From the records below, report the number of lines that contain "stays", and add nothing.
-- Opening Marker --
-- ===== src/Http/Guards.antt =====
-- main.go, `proxyIdentity`, `withAuth` and `withMutation`: who gets to a handler.
use home_stack.Prelude.{
  true, ◌≡◌, ◌≢◌, ◌↔◌, ◌⊎◌, [], ◌∷◌, Option, some, String, ◌==◌, refl, inl, inr, Bool-cases, ap₂,
  Option-cases, arith, eq_iff, if◌then◌else◌,
}
use home_stack.Validity.Tokens.{==-eq-false}
use home_stack.Http.{
  Request, Server, Reply, get, proxy_identity, credentials_match, with_auth, refusal,
}

-- The ingress named a user: it showed the secret that is configured, and a header with a name.
abbrev pub IsIdentified : Server → Request → Type 0
IsIdentified s r =
    (s.proxy_auth_secret ≢ "")
    × (get "X-Home-Stack-Proxy-Auth" r ≡ s.proxy_auth_secret)
    × ((get "X-Webauth-User" r ≢ "") ⊎ (get "Remote-User" r ≢ ""))

-- A request has an identity exactly when the ingress named a user.
pub proxy_identity_iff : (s : Server) (r : Request) → (proxy_identity s r ≢ "") ↔ IsIdentified s r
unfolding proxy_identity
proxy_identity_iff s r =
    let shown = get "X-Home-Stack-Proxy-Auth" r in
    let tailnet = get "X-Webauth-User" r in
    (
      λ h. ground (
        arith,
        eq_iff s.proxy_auth_secret "",
        eq_iff shown s.proxy_auth_secret,
        eq_iff tailnet "",
      ),
      λ h. ground (
        arith,
        eq_iff s.proxy_auth_secret "",
        eq_iff shown s.proxy_auth_secret,
        eq_iff tailnet "",
      ),
    )

module _ (basic_auth : Request → Option (String × String)) where
  -- A password is configured, and the request has the user's name and that password.
  abbrev pub HasPassword : Server → Request → Type 0
  HasPassword s r =
      (s.admin_password ≢ "") × (basic_auth r ≡ some (s.admin_username, s.admin_password))

  abbrev pub IsAuthenticated : Server → Request → Type 0
  IsAuthenticated s r = IsIdentified s r ⊎ HasPassword s r

  credentials_match_iff :
      (s : Server) (r : Request)
      → (credentials_match basic_auth s r ≡ true)
        ↔ (basic_auth r ≡ some (s.admin_username, s.admin_password))
  unfolding credentials_match
  credentials_match_iff s r = elim (Option-cases (basic_auth r)) [
    | inl e ↦ rw (e, credentials_match) (λ h. cc, λ h. cc)
    | inr ((username, password), e) ↦
        rw (e, credentials_match)
          (
            λ h.
                ap₂ (λ u p. some (u, p)) ((eq_iff username s.admin_username).0 (ground arith))
                  ((eq_iff password s.admin_password).0 (ground arith)),
            λ h.
                let u : username ≡ s.admin_username = cc in
                let p : password ≡ s.admin_password = cc in
                ground (
                  arith,
                  (eq_iff username s.admin_username).1 u,
                  (eq_iff password s.admin_password).1 p,
                ),
          )
  ]

  -- Whether a request is logged in is decided by the texts it has.
  pub login_cases : (s : Server) (r : Request) → IsAuthenticated s r ⊎ (IsAuthenticated s r → ⊥)
  login_cases s r =
      let known = proxy_identity_iff s r in
      let matches = credentials_match_iff s r in
      elim (Bool-cases (proxy_identity s r == "")) [
        | inr e ↦ inl (inl (known.0 ((==-eq-false (proxy_identity s r) "").0 e)))
        | inl e ↦
            let unnamed : IsIdentified s r → ⊥ =
              λ id. known.1 id ((eq_iff (proxy_identity s r) "").0 e) in
            elim (Bool-cases (s.admin_password == "")) [
              | inl f ↦ inr (λ a. elim a [
                | inl id ↦ unnamed id
                | inr (set, _) ↦ set ((eq_iff s.admin_password "").0 f)
              ])
              | inr f ↦ elim (Bool-cases (credentials_match basic_auth s r)) [
                | inl g ↦ inl (inr ((==-eq-false s.admin_password "").0 f, matches.0 g))
                | inr g ↦ inr (λ a. elim a [
                  | inl id ↦ unnamed id
                  | inr (_, given) ↦ let m = matches.1 given in ground arith
                ])
              ]
            ]
      ]

-- The answer to a request that does not log in.
abbrev pub login_refusal {ℓ} : {A : Type ℓ} → Server → Reply A
login_refusal s =
    if s.admin_password == ""
    then refusal 503 []
        "admin password is not configured; set HOME_STACK_ADMIN_PASSWORD in env.local"
    else refusal 401
        (("WWW-Authenticate", "Basic realm=\"home-stack admin\", charset=\"UTF-8\"") ∷ [])
        "authentication required"

module _ {ℓ} {A : Type ℓ} (basic_auth : Request → Option (String × String)) where
  -- A request goes on to the handler when the ingress named a user or it has the user's name and
  -- the password that is configured, and otherwise it is refused: with the status 503 if there is no
  -- password, and 401 if there is one.
  pub with_auth_cases :
      (s : Server) (next : Request → Reply A) (r : Request)
      → (IsAuthenticated basic_auth s r → with_auth basic_auth s next r ≡ next r)
        × ((IsAuthenticated basic_auth s r → ⊥) → with_auth basic_auth s next r ≡ login_refusal s)
  unfolding with_auth
  with_auth_cases s next r =
      let known = proxy_identity_iff s r in
      let matches = credentials_match_iff basic_auth s r in
      let named = eq_iff (proxy_identity s r) "" in
      elim (Bool-cases (proxy_identity s r == "")) [
        | inr e ↦ simp e (
          λ _. refl,
          λ outsider. absurd (outsider (inl (known.0 ((==-eq-false (proxy_identity s r) "").0 e)))),
        )
        | inl e ↦ simp e (elim (Bool-cases (s.admin_password == "")) [
          | inl f ↦ simp f (
            λ a. absurd (elim a [
              | inl id ↦ known.1 id (named.0 e)
              | inr (set, _) ↦ set ((eq_iff s.admin_password "").0 f)
            ]),
            λ _. refl,
          )
          | inr f ↦ simp f (elim (Bool-cases (credentials_match basic_auth s r)) [
            | inl g ↦ simp g (
              λ _. refl,
              λ outsider.
                  absurd (outsider (inr ((==-eq-false s.admin_password "").0 f, matches.0 g))),
            )
            | inr g ↦ simp g (
              λ a. absurd (elim a [
                | inl id ↦ known.1 id (named.0 e)
                | inr (_, given) ↦ let m = matches.1 given in ground arith
              ]),
              λ _. refl,
            )
          ])
        ])
      ]

module _ (basic_auth : Request → Option (String × String)) where
  password_only :
      (s : Server) (r : Request)
      → (s.proxy_auth_secret ≡ "") ⊎ (get "X-Home-Stack-Proxy-Auth" r ≢ s.proxy_auth_secret)
      → IsAuthenticated basic_auth s r
      → HasPassword basic_auth s r
  password_only s r unproven (inr p) = p
  password_only s r (inl none_set) (inl (set, _, _)) = absurd (set none_set)
  password_only s r (inr wrong) (inl (_, shown, _)) = absurd (wrong shown)

module _ {ℓ} {A : Type ℓ} (basic_auth : Request → Option (String × String)) where
  -- Without the secret of the ingress, or where none is configured, the headers that name a user
  -- change nothing: the request goes on to the handler if it has the user's name and the password that
  -- is configured, and is refused otherwise.
  pub unproven_identity :
      (s : Server) (next : Request → Reply A) (r : Request)
      → (s.proxy_auth_secret ≡ "") ⊎ (get "X-Home-Stack-Proxy-Auth" r ≢ s.proxy_auth_secret)
      → (HasPassword basic_auth s r → with_auth basic_auth s next r ≡ next r)
        × ((HasPassword basic_auth s r → ⊥) → with_auth basic_auth s next r ≡ login_refusal s)
  unproven_identity s next r unproven =
      let (goes_on, stays) = with_auth_cases basic_auth s next r in
      (
        λ p. goes_on (inr p),
        λ none_given. stays (λ a. none_given (password_only basic_auth s r unproven a)),
      )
-- Closing Marker --
Output below => 2